Large-scale weakly supervised audio classification using gated convolutional neural network (1710.00343v1)

Abstract: In this paper, we present a gated convolutional neural network and a temporal attention-based localization method for audio classification, which won the 1st place in the large-scale weakly supervised sound event detection task of Detection and Classification of Acoustic Scenes and Events (DCASE) 2017 challenge. The audio clips in this task, which are extracted from YouTube videos, are manually labeled with one or a few audio tags but without timestamps of the audio events, which is called as weakly labeled data. Two sub-tasks are defined in this challenge including audio tagging and sound event detection using this weakly labeled data. A convolutional recurrent neural network (CRNN) with learnable gated linear units (GLUs) non-linearity applied on the log Mel spectrogram is proposed. In addition, a temporal attention method is proposed along the frames to predicate the locations of each audio event in a chunk from the weakly labeled data.
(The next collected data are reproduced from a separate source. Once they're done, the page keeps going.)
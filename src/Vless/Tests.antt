-- ===== src/Vless/Tests.antt =====
-- crates/clash-proxynet/src/vless.rs: an answer in three pieces.
use rust_clash.Common.{ℕ, ◌≡◌, refl, List, [], ◌∷◌, ◌++◌}
use rust_clash.Vless.{Answer, session}
use rust_clash.Vless.Due.{arriving}
use rust_clash.Vless.Stream.{reads, reads_deliver_payload}

-- A header with two bytes of addons, cut in the middle of them, and a payload.
abbrev answers : List Answer
answers =
    Answer.bytes (0 ∷ 2 ∷ 9 ∷ [])
    ∷ Answer.wait
    ∷ Answer.bytes (9 ∷ 65 ∷ 66 ∷ [])
    ∷ Answer.bytes (67 ∷ [])
    ∷ []

reads_run : (reads (5 ∷ 1 ∷ 4 ∷ 8 ∷ []) session answers).0 ≡ 65 ∷ 66 ∷ 67 ∷ []
unfolding reads
reads_run = refl

reads_deliver_payload_example :
    (undelivered : List ℕ) × (65 ∷ 66 ∷ 67 ∷ []
      ≡ (reads (5 ∷ 1 ∷ []) session answers).0 ++ undelivered)
unfolding arriving
reads_deliver_payload_example =
    reads_deliver_payload (5 ∷ 1 ∷ []) answers 0 2 (9 ∷ 9 ∷ []) (65 ∷ 66 ∷ 67 ∷ []) refl refl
We ranked the 1st and the 2nd as a team in these two sub-tasks of DCASE 2017 challenge with F value 55.6\% and Equal error 0.73, respectively.
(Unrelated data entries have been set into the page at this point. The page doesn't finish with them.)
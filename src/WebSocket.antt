-- ===== src/WebSocket.antt =====
-- crates/clash-proxynet/src/transport.rs: the frames of a WebSocket and the stream of them. Its
-- inner stream is the PrefixedStream, of which the bytes that came with the upgrade are the first.
-- The states of reading and writing share no field. `usize` has 64 bits; `mask_key` says what the
-- n-th call of mask_key draws.
mod Frame
mod Read
mod Write
mod Tunnel
mod Tests
use rust_clash.Common.{
  ℕ, zero, suc, ◌+◌, ◌-◌, ◌*◌, ◌/◌, ◌%◌, ◌^◌, Bool, true, false, List, [], ◌∷◌, ◌++◌, ltb, leb,
  ◌==◌, ◌||◌, if◌then◌else◌, length, take, drop, at, replicate, be16, be32, from_be16,
}
use Prim.Native.Nat.{min, bit_xor}
use rust_clash.Io.{IoError, Poll, Next, Fed, Reader}
use rust_clash.Io.Writer.{Offer, Took, Writer}

pub data WsEvent : Type 0 where
  payload : List ℕ → WsEvent
  skip close : WsEvent

-- The answer of parse_ws_frame: none yet, a panic, or the bytes of a frame and what it is.
pub data Parsed : Type 0 where
  incomplete panics : Parsed
  frame : ℕ → WsEvent → Parsed

-- Exclusive or with the mask, from its byte `i % 4` on.
abbrev pub masked_from : List ℕ → ℕ → List ℕ → List ℕ
masked_from mask i [] = []
masked_from mask i (b ∷ bytes) = bit_xor b (at mask (i % 4)) ∷ masked_from mask (suc i) bytes

abbrev pub from_be32 : ℕ → ℕ → ℕ → ℕ → ℕ
from_be32 a b c d = from_be16 a b * 2 ^ 16 + from_be16 c d

abbrev pub be64 : ℕ → List ℕ
be64 v = be32 (v / 2 ^ 32) ++ be32 v

-- `u64::from_be_bytes` of the eight bytes from `o` on.
abbrev pub from_be64 : List ℕ → ℕ → ℕ
from_be64 buf o =
    from_be32 (at buf o) (at buf (o + 1)) (at buf (o + 2)) (at buf (o + 3)) * 2 ^ 32
    + from_be32 (at buf (o + 4)) (at buf (o + 5)) (at buf (o + 6)) (at buf (o + 7))

abbrev pub event_of : ℕ → List ℕ → WsEvent
event_of opcode bytes =
    if opcode == 8
    then WsEvent.close
    else if opcode == 9 || opcode == 10
    then WsEvent.skip
    else WsEvent.payload bytes

-- Behind the mask. The sum wraps around, and a range that ends before it starts panics.
unfoldable pub parse_payload : ℕ → Bool → List ℕ → ℕ → ℕ → List ℕ → Parsed
parse_payload opcode masked mask len off buf =
    let end = (off + len) % 2 ^ 64 in
    let bytes = take (end - off) (drop off buf) in
    if ltb (length buf) end
    then Parsed.incomplete
    else if ltb end off
    then Parsed.panics
    else Parsed.frame end (event_of opcode (if masked then masked_from mask 0 bytes else bytes))

-- Behind the length.
unfoldable pub parse_mask : ℕ → Bool → ℕ → ℕ → List ℕ → Parsed
unfolding parse_payload
parse_mask opcode masked len off buf =
    if masked
    then (if ltb (length buf) (off + 4)
        then Parsed.incomplete
        else parse_payload opcode true (take 4 (drop off buf)) len (off + 4) buf)
    else parse_payload opcode false (replicate 4 0) len off buf

unfoldable pub parse_ws_frame : List ℕ → Parsed
unfolding parse_mask
parse_ws_frame buf =
    let opcode = at buf 0 % 16 in
    let len = at buf 1 % 128 in
    let masked = at buf 1 / 128 % 2 == 1 in
    if ltb (length buf) 2
    then Parsed.incomplete
    else if len == 126
    then (if ltb (length buf) 4
        then Parsed.incomplete
        else parse_mask opcode masked (from_be16 (at buf 2) (at buf 3)) 4 buf)
    else if len == 127
    then (if ltb (length buf) 10
        then Parsed.incomplete
        else parse_mask opcode masked (from_be64 buf 2) 10 buf)
    else parse_mask opcode masked len 2 buf

-- The second byte and the length behind it.
abbrev pub length_bytes : ℕ → List ℕ
length_bytes n =
    if ltb n 126
    then (128 + n) ∷ []
    else if leb n 65535
    then (128 + 126) ∷ be16 n
    else (128 + 127) ∷ be64 n

unfoldable pub encode_client_binary_frame : List ℕ → List ℕ → List ℕ
encode_client_binary_frame mask bytes =
    0x82 ∷ (length_bytes (length bytes) ++ (mask ++ masked_from mask 0 bytes))

abbrev pub max_empty_frames : ℕ
max_empty_frames = 64

-- `decoded` is what is behind `decoded_pos`.
pub record WsRead : Type 0 where
  pub rx : List ℕ
  pub decoded : List ℕ
  pub empty_frames : ℕ

-- A frame that is being written, behind `write_pos`, and the bytes it carries; and how many masks
-- were drawn.
pub data WsWrite : Type 0 where
  idle : ℕ → WsWrite
  writing : List ℕ → ℕ → ℕ → WsWrite

abbrev pub new_read : WsRead
new_read = record { rx = []; decoded = []; empty_frames = 0 }

abbrev pub new_write : WsWrite
new_write = WsWrite.idle 0

unfoldable pub hand_out : ℕ → WsRead → Next WsRead
hand_out room s =
    let n = min (length s.decoded) room in
    Next.stop (Poll.ready (take n s.decoded)) (record s { decoded = drop n s.decoded })

-- What a frame does, behind which `loop` goes on.
unfoldable pub on_event : (WsRead → Next WsRead) → ℕ → WsRead → WsEvent → Next WsRead
unfolding hand_out
on_event loop room s WsEvent.close = Next.stop (Poll.ready []) s
on_event loop room s WsEvent.skip = loop s
on_event loop room s (WsEvent.payload []) =
    let counted = record s { empty_frames = s.empty_frames + 1 } in
    let rest = loop counted in
    if ltb max_empty_frames (s.empty_frames + 1)
    then Next.stop (Poll.failed IoError.other) counted
    else rest
on_event loop room s (WsEvent.payload (b ∷ bytes)) =
    hand_out room (record s { empty_frames = 0; decoded = b ∷ bytes })

-- The loop over the frames in `rx`.
unfoldable pub drain : ℕ → ℕ → WsRead → Next WsRead
unfolding on_event parse_ws_frame
drain zero room s = Next.want 4096 s
drain (suc fuel) room s = elim (parse_ws_frame s.rx) [
  | Parsed.incomplete ↦ Next.want 4096 s
  | Parsed.panics ↦ Next.stop (Poll.failed IoError.panicked) s
  | Parsed.frame n event ↦
      on_event (λ t. drain fuel room t) room (record s { rx = drop n s.rx }) event
]

-- Every frame has two bytes or more, so that the loop has fewer rounds than `rx` has bytes.
unfoldable pub settle : ℕ → WsRead → Next WsRead
unfolding drain
settle room s = elim s.decoded [
  | [] ↦ drain (suc (length s.rx)) room s
  | ◌∷◌ b bytes ↦ hand_out room s
]

unfoldable pub feed : WsRead → List ℕ → Fed WsRead
feed s [] = Fed.done (Poll.ready []) s
feed s (g ∷ got) = Fed.again (record s { rx = s.rx ++ (g ∷ got) })

-- `poll_read` is `Io.poll` of this reader.
abbrev pub reader : Reader WsRead
reader = record { settle = settle; feed = feed }

module _ (mask_key : ℕ → List ℕ) where
  unfoldable pub offer : WsWrite → List ℕ → Offer WsWrite
  unfolding encode_client_binary_frame
  offer (WsWrite.idle c) [] = Offer.answer (Poll.ready 0) (WsWrite.idle c)
  offer (WsWrite.idle c) (b ∷ buf) =
      let whole = encode_client_binary_frame (mask_key c) (b ∷ buf) in
      Offer.put whole (WsWrite.writing whole (length (b ∷ buf)) (suc c))
  offer (WsWrite.writing left n c) buf = Offer.put left (WsWrite.writing left n c)

  unfoldable pub took : WsWrite → List ℕ → ℕ → Took WsWrite
  took (WsWrite.idle c) buf k = Took.more (WsWrite.idle c)
  took (WsWrite.writing left n c) buf k =
      if k == 0
      then Took.accept (Poll.failed IoError.write_zero) (WsWrite.writing left n c)
      else if leb (length left) k
      then Took.accept (Poll.ready n) (WsWrite.idle c)
      else Took.more (WsWrite.writing (drop k left) n c)

  -- `poll_write` is `poll_out` of this writer.
  abbrev pub writer : Writer WsWrite
  writer = record { offer = offer; took = took }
• The paper introduces a gated CNN with GLUs to enhance weakly supervised audio classification by selectively emphasizing relevant time-frequency features.
• The paper incorporates a temporal attention mechanism to accurately localize sound events within long audio sequences from weak labels.
• The study unifies audio tagging and sound event detection in one framework, achieving state-of-the-art F1-score and error rate benchmarks.

Overview of "Large-Scale Weakly Supervised Audio Classification Using Gated Convolutional Neural Network"
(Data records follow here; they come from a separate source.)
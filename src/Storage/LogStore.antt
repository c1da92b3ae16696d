-- ===== src/Storage/LogStore.antt =====
-- crates/settled-storage/src/log_store.rs.
pub mod Log
pub mod Reads
pub mod Appends
pub mod Batch
pub mod Cursor
pub mod Pages
use settled.Prelude.{
  ℕ, ◌+◌, ◌%◌, ◌^◌, List, [], ◌∷◌, ◌++◌, Option, none, some, ◌&&◌, ◌||◌, not, ltb, leb, ◌==◌,
  if◌then◌else◌, length, from_be_bytes, ℤ,
}
use settled.Prelude.Results.{Result, ok, err, ◌>>=◌, ok_or}
use settled.Core.Hash.{Bytes, Hash, bytes_eq, leaf_hash}
use settled.Storage.Types.{
  Error, rocks_db, encode_error, decode_error, corruption, bad_seq_key_length, bad_seq_value,
  to_array, LogEntryProto, LogEntry, log_entry_try_from,
}
use settled.Storage.Rows.{Row, u64_key, start, end, from_forward}
use settled.Storage.Rocks.{Rocks, Prost, Put, cf_log, cf_index}

module _ (r : Rocks) (m : Prost) where
  -- `DbInner`: the database and the counter `next_seq`.
  pub record DbInner : Type 0 where
    pub db : r.Db
    pub next_seq : ℕ

  -- `u64::from_be_bytes` of a key of the log.
  unfoldable pub seq_of_key : Bytes → Result Error ℕ
  seq_of_key k = do
    bytes ← ok_or (to_array 8 k) (corruption bad_seq_key_length)
    ok (from_be_bytes 0 bytes)

  -- `LogEntryProto::decode` and `LogEntry::try_from`.
  unfoldable pub entry_of_value : Bytes → Result Error LogEntry
  entry_of_value v = do proto ← ok_or (m.decode v) decode_error; log_entry_try_from proto

  module _ (sha256 : Bytes → Hash) where
    -- What `append` writes: the entry in the log, and its sequence number in the index.
    unfoldable pub append_puts : ℤ → ℕ → Bytes → Bytes → Result Error (List Put)
    append_puts timestamp_ns seq key data_bytes =
        let proto : LogEntryProto = record {
          seq = seq;
          timestamp_ns = timestamp_ns;
          key = key;
          data_bytes = data_bytes;
          leaf_hash = leaf_hash sha256 data_bytes;
        } in
        do
          value_buf ← ok_or (m.encode proto) encode_error
          ok (
              record { cf = cf_log; key = u64_key seq; value = value_buf }
              ∷ record { cf = cf_index; key = key; value = u64_key seq }
              ∷ [])

    -- The end of `append`: the result, and the state it leaves with the counter already raised.
    unfoldable pub appended : ℤ → DbInner → Result Error r.Db → Result Error (ℕ × ℤ) × DbInner
    appended timestamp_ns inner (ok db') = (
      ok (inner.next_seq, timestamp_ns),
      record { db = db'; next_seq = (inner.next_seq + 1) % 2 ^ 64 },
    )
    appended timestamp_ns inner (err e) =
        (err e, record { db = inner.db; next_seq = (inner.next_seq + 1) % 2 ^ 64 })

    -- `append`, with the clock's reading.
    unfoldable pub append : ℤ → DbInner → Bytes → Bytes → Result Error (ℕ × ℤ) × DbInner
    append timestamp_ns inner key data_bytes = appended timestamp_ns inner (do
      puts ← append_puts timestamp_ns inner.next_seq key data_bytes
      ok_or (r.write inner.db puts) rocks_db)

  unfoldable pub count : DbInner → ℕ
  count inner = inner.next_seq

  -- The two branches of `match get_cf(…)?`.
  unfoldable pub found_entry : Option Bytes → Result Error (Option LogEntry)
  found_entry (some v) = do entry ← entry_of_value v; ok (some entry)
  found_entry none = ok none

  unfoldable pub found_seq : Option Bytes → Result Error (Option ℕ)
  found_seq (some v) = do
    bytes ← ok_or (to_array 8 v) (corruption bad_seq_value)
    ok (some (from_be_bytes 0 bytes))
  found_seq none = ok none

  unfoldable pub get_by_seq : DbInner → ℕ → Result Error (Option LogEntry)
  get_by_seq inner seq = do
    found ← ok_or (r.get_cf inner.db cf_log (u64_key seq)) rocks_db
    found_entry found

  unfoldable pub get_seq_by_key : DbInner → Bytes → Result Error (Option ℕ)
  get_seq_by_key inner key = do
    found ← ok_or (r.get_cf inner.db cf_index key) rocks_db
    found_seq found

  -- The loop of `entries_by_key`; `found` is how many entries it has pushed.
  pub by_key_loop : List (Option Row) → Bytes → ℕ → ℕ → Result Error (List LogEntry × ℕ)
  by_key_loop [] key limit found = ok ([], 0)
  by_key_loop (none ∷ items) key limit found = err rocks_db
  by_key_loop (some (k, v) ∷ items) key limit found =
      let more = by_key_loop items key limit (found + 1) in
      let next = by_key_loop items key limit found in
      do
        seq ← seq_of_key k
        proto ← ok_or (m.decode v) decode_error
        let matching = (do
          entry ← log_entry_try_from proto
          let full = ok (entry ∷ [], (seq + 1) % 2 ^ 64)
          let others = (do (entries, cursor) ← more; ok (entry ∷ entries, cursor))
          if leb limit (found + 1) then full else others)
        if bytes_eq proto.key key then matching else next

  unfoldable pub entries_by_key : DbInner → Bytes → ℕ → ℕ → Result Error (List LogEntry × ℕ)
  unfolding by_key_loop
  entries_by_key inner key from_seq limit =
      if limit == 0
      then ok ([], 0)
      else by_key_loop (r.iterator_cf inner.db cf_log (from_forward (u64_key from_seq))) key limit 0

  -- The loop of `seq_range_paged`.
  pub paged_loop : List (Option Row) → ℕ → ℕ → ℕ → Result Error (List LogEntry × ℕ)
  paged_loop [] end_seq limit found = ok ([], 0)
  paged_loop (none ∷ items) end_seq limit found = err rocks_db
  paged_loop (some (k, v) ∷ items) end_seq limit found =
      let more = paged_loop items end_seq limit (found + 1) in
      do
        seq ← seq_of_key k
        let pushed = (do
          entry ← entry_of_value v
          let next = (seq + 1) % 2 ^ 64
          let full = ok (entry ∷ [], (if end_seq == 0 || ltb next end_seq then next else 0))
          let others = (do (entries, cursor) ← more; ok (entry ∷ entries, cursor))
          if leb limit (found + 1) then full else others)
        if not (end_seq == 0) && leb end_seq seq then ok ([], 0) else pushed

  unfoldable pub seq_range_paged : DbInner → ℕ → ℕ → ℕ → Result Error (List LogEntry × ℕ)
  unfolding paged_loop
  seq_range_paged inner start_seq end_seq limit =
      if limit == 0
      then ok ([], 0)
      else paged_loop (r.iterator_cf inner.db cf_log (from_forward (u64_key start_seq))) end_seq
          limit 0

  -- The loop of `seq_range`.
  pub range_loop : List (Option Row) → ℕ → Result Error (List LogEntry)
  range_loop [] end_seq = ok []
  range_loop (none ∷ items) end_seq = err rocks_db
  range_loop (some (k, v) ∷ items) end_seq =
      let more = range_loop items end_seq in
      do
        seq ← seq_of_key k
        let pushed = (do entry ← entry_of_value v; entries ← more; ok (entry ∷ entries))
        if leb end_seq seq then ok [] else pushed

  unfoldable pub seq_range : DbInner → ℕ → ℕ → Result Error (List LogEntry)
  unfolding range_loop
  seq_range inner start_seq end_seq =
      range_loop (r.iterator_cf inner.db cf_log (from_forward (u64_key start_seq))) end_seq

  -- The loop of `latest`.
  pub latest_loop : List (Option Row) → ℕ → ℕ → Result Error (List LogEntry)
  latest_loop [] n found = ok []
  latest_loop (none ∷ items) n found = err rocks_db
  latest_loop (some (k, v) ∷ items) n found =
      let more = latest_loop items n (found + 1) in
      do
        entry ← entry_of_value v
        let others = (do entries ← more; ok (entry ∷ entries))
        if leb n (found + 1) then ok (entry ∷ []) else others

  unfoldable pub latest : DbInner → ℕ → Result Error (List LogEntry)
  unfolding latest_loop
  latest inner n = if n == 0 then ok [] else latest_loop (r.iterator_cf inner.db cf_log end) n 0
The paper outlines a novel approach to weakly supervised audio classification and sound event detection using a gated convolutional recurrent neural network (CRNN). The method was evaluated in the context of the Detection and Classification of Acoustic Scenes and Events (DCASE) 2017 challenge, where it secured top positions in the audio tagging and sound event detection tasks. This paper is particularly notable for its effective utilization of weakly labelled data, where audio tags are present without precise event timestamps.

Key Contributions

1. Gated Convolutional Neural Networks: The authors introduce the use of gated linear units (GLUs) in convolutional neural networks (CNNs) for audio classification tasks. The GLUs replace traditional ReLU activations, providing an internal attention mechanism that selectively controls information flow through the network layers. This feature helps in attending to relevant time-frequency units in audio data, thereby enhancing model performance.
2. Temporal Attention for Localization: A temporal attention mechanism is proposed, allowing the model to predict the temporal locations of sound events within audio chunks from weakly labelled data. This approach effectively addresses the challenge of accurately detecting the location of short-lived audio events in longer audio sequences.
3. Unified Model Architecture: The paper emphasizes a unified framework that efficiently handles both audio tagging and weakly supervised sound event detection simultaneously. The shared architecture reduces model complexity and enhances scalability in handling large-scale audio datasets.

Results and Implications

The experimental results demonstrate the efficacy of the proposed method. The final system achieved an F1-score of 55.6% for audio tagging and an equal error rate of 0.73 in sound event detection on the evaluation set, ranking 1st and 2nd respectively. These outcomes underscore the potential of applying GLUs within CNNs and leveraging attention mechanisms in audio event detection, suggesting advancements over existing multilayer perceptron (MLP) based baselines.

From a practical standpoint, the proposed method's application extends beyond academic benchmarks. It holds significant promise for real-world uses, such as surveillance and environmental monitoring, where sound events need to be detected with limited labelled data.

Future Prospects

The research indicates several areas worth exploring in future works. Continued development in attention-based models could improve localization accuracy, especially in more complex audio environments. Additionally, expanding this approach to a broader range of audio datasets, such as those beyond the DCASE challenge, could further validate the model's robustness and adaptability.

In conclusion, this paper contributes a significant advancement in weakly supervised audio classification, offering a robust framework that combines gated neural network architectures with temporal attention mechanisms. It represents a substantial step forward in the effective analysis of audio data, with implications for both theoretical research and practical deployment in automated sound detection systems.